### Stored data

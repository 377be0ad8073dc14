-- ===== src/Handle/Names.antt =====
-- The names of skynet_handle.c: an array of names with their handles, sorted by `strcmp`, that is
-- searched in halves. A name is the list of its bytes.
pub mod Order
pub mod Search
pub mod Insert
use jump.Base.{
  ℕ, zero, suc, ◌+◌, ◌-◌, ◌*◌, ◌/◌, Bool, true, false, List, [], ◌∷◌, ◌++◌, Option, none, some, ltb,
  leb, ◌==◌, ◌^◌, ◌>>=◌, if◌then◌else◌, get_or, length, take, drop,
}
use mathlib.Core.Option
use Prim.Native.Nat.{compare, Ordering}
use jump.Handle.{Storage, retire}

abbrev pub Name : Type 0
Name = List ℕ

-- `strcmp`, by the sign of its result
unfoldable pub strcmp : Name → Name → Ordering
strcmp [] [] = Ordering.eq
strcmp [] (b ∷ bs) = Ordering.lt
strcmp (a ∷ xs) [] = Ordering.gt
strcmp (a ∷ xs) (b ∷ ys) = elim (compare a b) [
  | Ordering.lt ↦ Ordering.lt
  | Ordering.gt ↦ Ordering.gt
  | Ordering.eq ↦ strcmp xs ys
]

-- `struct handle_name`
pub record Entry : Type 0 where
  pub name : Name
  pub handle : ℕ

abbrev pub no_entry : Entry
no_entry = record { name = []; handle = 0 }

-- The names of `struct handle_storage`; `name_count` is the length of the list.
pub record Names : Type 0 where
  pub name_cap : ℕ
  pub entries : List Entry

-- What the search ends with: the entry's handle, or the place where the name belongs.
pub data Found : Type 0 where
  hit : ℕ → Found
  miss : ℕ → Found

-- The loop of `skynet_handle_findname` and `_insert_name` over `begin` and `end + 1`, on fuel.
unfoldable pub search_loop : ℕ → List Entry → Name → ℕ → ℕ → Found
search_loop zero es name begin stop = miss begin
search_loop (suc fuel) es name begin stop =
    let mid = (begin + (stop - 1)) / 2 in
    let n = get_or es mid no_entry in
    let up = search_loop fuel es name (mid + 1) stop in
    let down = search_loop fuel es name begin mid in
    if ltb begin stop
    then elim (strcmp n.name name) [
      | Ordering.eq ↦ hit n.handle
      | Ordering.lt ↦ up
      | Ordering.gt ↦ down
    ]
    else miss begin

unfoldable pub search_name : List Entry → Name → Found
search_name es name = search_loop (length es + 1) es name 0 (length es)

-- `skynet_handle_findname`; 0 is the handle of no service.
unfoldable pub findname : Names → Name → ℕ
findname s name = elim (search_name s.entries name) [ hit h ↦ h | miss i ↦ 0 ]

-- MAX_SLOT_SIZE
abbrev pub max_slot_size : ℕ
max_slot_size = 2 ^ 30

-- The array of `_insert_name_before`, which doubles when it is full; `none` is the failed assertion.
pub name_room : Names → Option ℕ
name_room s =
    if leb s.name_cap (length s.entries)
    then (if leb (s.name_cap * 2) max_slot_size then some (s.name_cap * 2) else none)
    else some s.name_cap

-- `_insert_name_before`
pub insert_before : Names → Name → ℕ → ℕ → Option Names
insert_before s name handle before = do
  cap ← name_room s
  some (record {
    name_cap = cap;
    entries =
        take before s.entries ++ record { name = name; handle = handle } ∷ drop before s.entries;
  })

-- What `skynet_handle_namehandle` does when no assertion fails
pub data Naming : Type 0 where
  taken : Naming
  named : Names → Naming

-- `skynet_handle_namehandle`; `taken` is the result NULL, for a name that is there.
pub namehandle : Names → ℕ → Name → Option Naming
namehandle s handle name = elim (search_name s.entries name) [
  | hit h ↦ some taken
  | miss begin ↦ Option.map named (insert_before s name handle begin)
]

-- The loop of `skynet_handle_retire` over the names.
unfoldable pub drop_names : ℕ → List Entry → List Entry
drop_names handle [] = []
drop_names handle (e ∷ es) =
    if e.handle == handle then drop_names handle es else e ∷ drop_names handle es

-- `skynet_handle_init` for the names
abbrev pub no_names : Names
no_names = record { name_cap = 2; entries = [] }

-- The whole of `skynet_handle_retire`: the names of a handle go with its context.
unfoldable pub retire_all : (ℕ → ℕ) → Storage → Names → ℕ → Option ℕ × Storage × Names
retire_all handles s names handle =
    let (released, t) = retire handles s handle in
    elim released [
      | none ↦ (none, t, names)
      | some ctx ↦ (some ctx, t, record names { entries = drop_names handle names.entries })
    ]
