-- ===== src/Handle/Names/Order.antt =====
-- `strcmp` is a strict total order, and what it is for an array of names to be sorted by it.
use Prim.Native.Nat.{Ordering}
use jump.Base.{
  ℕ, zero, suc, ◌<◌, ◌≤◌, ◌≡◌, ◌↔◌, refl, arith, List, [], ◌∷◌, get_or, length, take, drop,
}
use jump.Handle.Names.{Name, strcmp, Entry, no_entry}

pub strcmp_refl : (a : Name) → strcmp a a ≡ Ordering.eq
unfolding strcmp
strcmp_refl [] = refl
strcmp_refl (x ∷ xs) = ground (arith, strcmp_refl xs)

pub strcmp-eq : (a b : Name) → strcmp a b ≡ Ordering.eq → a ≡ b
unfolding strcmp
strcmp-eq [] [] e = refl
strcmp-eq [] (b ∷ bs) e = cc
strcmp-eq (a ∷ xs) [] e = cc
strcmp-eq (a ∷ xs) (b ∷ ys) e = ground (arith, strcmp-eq xs ys)

pub strcmp-flip : (a b : Name) → (strcmp a b ≡ Ordering.gt) ↔ (strcmp b a ≡ Ordering.lt)
unfolding strcmp
strcmp-flip [] [] = (λ e. cc, λ e. cc)
strcmp-flip [] (b ∷ bs) = (λ e. cc, λ e. cc)
strcmp-flip (a ∷ xs) [] = (λ e. refl, λ e. refl)
strcmp-flip (a ∷ xs) (b ∷ ys) = ground (arith, strcmp-flip xs ys)

pub strcmp_trans :
    (a b c : Name) → strcmp a b ≡ Ordering.lt → strcmp b c ≡ Ordering.lt → strcmp a c ≡ Ordering.lt
unfolding strcmp
strcmp_trans [] [] c e f = cc
strcmp_trans [] (b ∷ bs) [] e f = cc
strcmp_trans [] (b ∷ bs) (c ∷ cs) e f = refl
strcmp_trans (a ∷ xs) [] c e f = cc
strcmp_trans (a ∷ xs) (b ∷ ys) [] e f = cc
strcmp_trans (a ∷ xs) (b ∷ ys) (c ∷ zs) e f = ground (arith, strcmp_trans xs ys zs)

abbrev pub All {ℓ} : (Entry → Type ℓ) → List Entry → Type ℓ
All P [] = Unit
All P (e ∷ es) = P e × All P es

abbrev pub Before : Name → Entry → Type 0
Before a f = strcmp a f.name ≡ Ordering.lt

abbrev pub After : Name → Entry → Type 0
After a f = strcmp f.name a ≡ Ordering.lt

-- Each name stands before all that follow it.
abbrev pub Sorted : List Entry → Type 0
Sorted [] = Unit {0}
Sorted (e ∷ es) = All (Before e.name) es × Sorted es

pub All-at :
    (P : Entry → Type 0) (es : List Entry) (k : ℕ)
    → All P es
    → k < length es
    → P (get_or es k no_entry)
All-at P [] k a h = elim h [ ]
All-at P (e ∷ es) zero a h = a.0
All-at P (e ∷ es) (suc k) a h = All-at P es k a.1 (omega arith)

pub All-map :
    (P Q : Entry → Type 0) (es : List Entry) → ((e : Entry) → P e → Q e) → All P es → All Q es
All-map P Q [] f a = tt
All-map P Q (e ∷ es) f a = (f e a.0, All-map P Q es f a.1)

pub All-take :
    (P : Entry → Type 0) (es : List Entry) (n : ℕ)
    → ((k : ℕ) → k < n → k < length es → P (get_or es k no_entry))
    → All P (take n es)
All-take P es zero f = tt
All-take P [] (suc n) f = tt
All-take P (e ∷ es) (suc n) f = (
  f 0 (omega arith) (omega arith),
  All-take P es n (λ k h l. f (suc k) (omega arith) (omega arith)),
)

pub All-drop :
    (P : Entry → Type 0) (es : List Entry) (n : ℕ)
    → ((k : ℕ) → n ≤ k → k < length es → P (get_or es k no_entry))
    → All P (drop n es)
All-drop P [] zero f = tt
All-drop P [] (suc n) f = tt
All-drop P (e ∷ es) zero f = (
  f 0 (omega arith) (omega arith),
  All-drop P es zero (λ k h l. f (suc k) (omega arith) (omega arith)),
)
All-drop P (e ∷ es) (suc n) f = All-drop P es n (λ k h l. f (suc k) (omega arith) (omega arith))

-- Sorted names stand in the order of their places.
pub Sorted-at :
    (es : List Entry) (i j : ℕ)
    → Sorted es
    → i < j
    → j < length es
    → strcmp (get_or es i no_entry).name (get_or es j no_entry).name ≡ Ordering.lt
Sorted-at [] i j s h l = elim l [ ]
Sorted-at (e ∷ es) i zero s h l = elim h [ ]
Sorted-at (e ∷ es) zero (suc j) s h l = All-at (Before e.name) es j s.0 (omega arith)
Sorted-at (e ∷ es) (suc i) (suc j) s h l = Sorted-at es i j s.1 (omega arith) (omega arith)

### Assignment
I'd like an exact copy of the lines above, from the very first one through the line that contains "of its result", with nothing else added.

### Exercise result
repository 377be0ad8073dc14
-- ===== src/Handle/Names.antt =====
-- The names of skynet_handle.c: an array of names with their handles, sorted by `strcmp`, that is
-- searched in halves. A name is the list of its bytes.
pub mod Order
pub mod Search
pub mod Insert
use jump.Base.{
  ℕ, zero, suc, ◌+◌, ◌-◌, ◌*◌, ◌/◌, Bool, true, false, List, [], ◌∷◌, ◌++◌, Option, none, some, ltb,
  leb, ◌==◌, ◌^◌, ◌>>=◌, if◌then◌else◌, get_or, length, take, drop,
}
use mathlib.Core.Option
use Prim.Native.Nat.{compare, Ordering}
use jump.Handle.{Storage, retire}

abbrev pub Name : Type 0
Name = List ℕ

-- `strcmp`, by the sign of its result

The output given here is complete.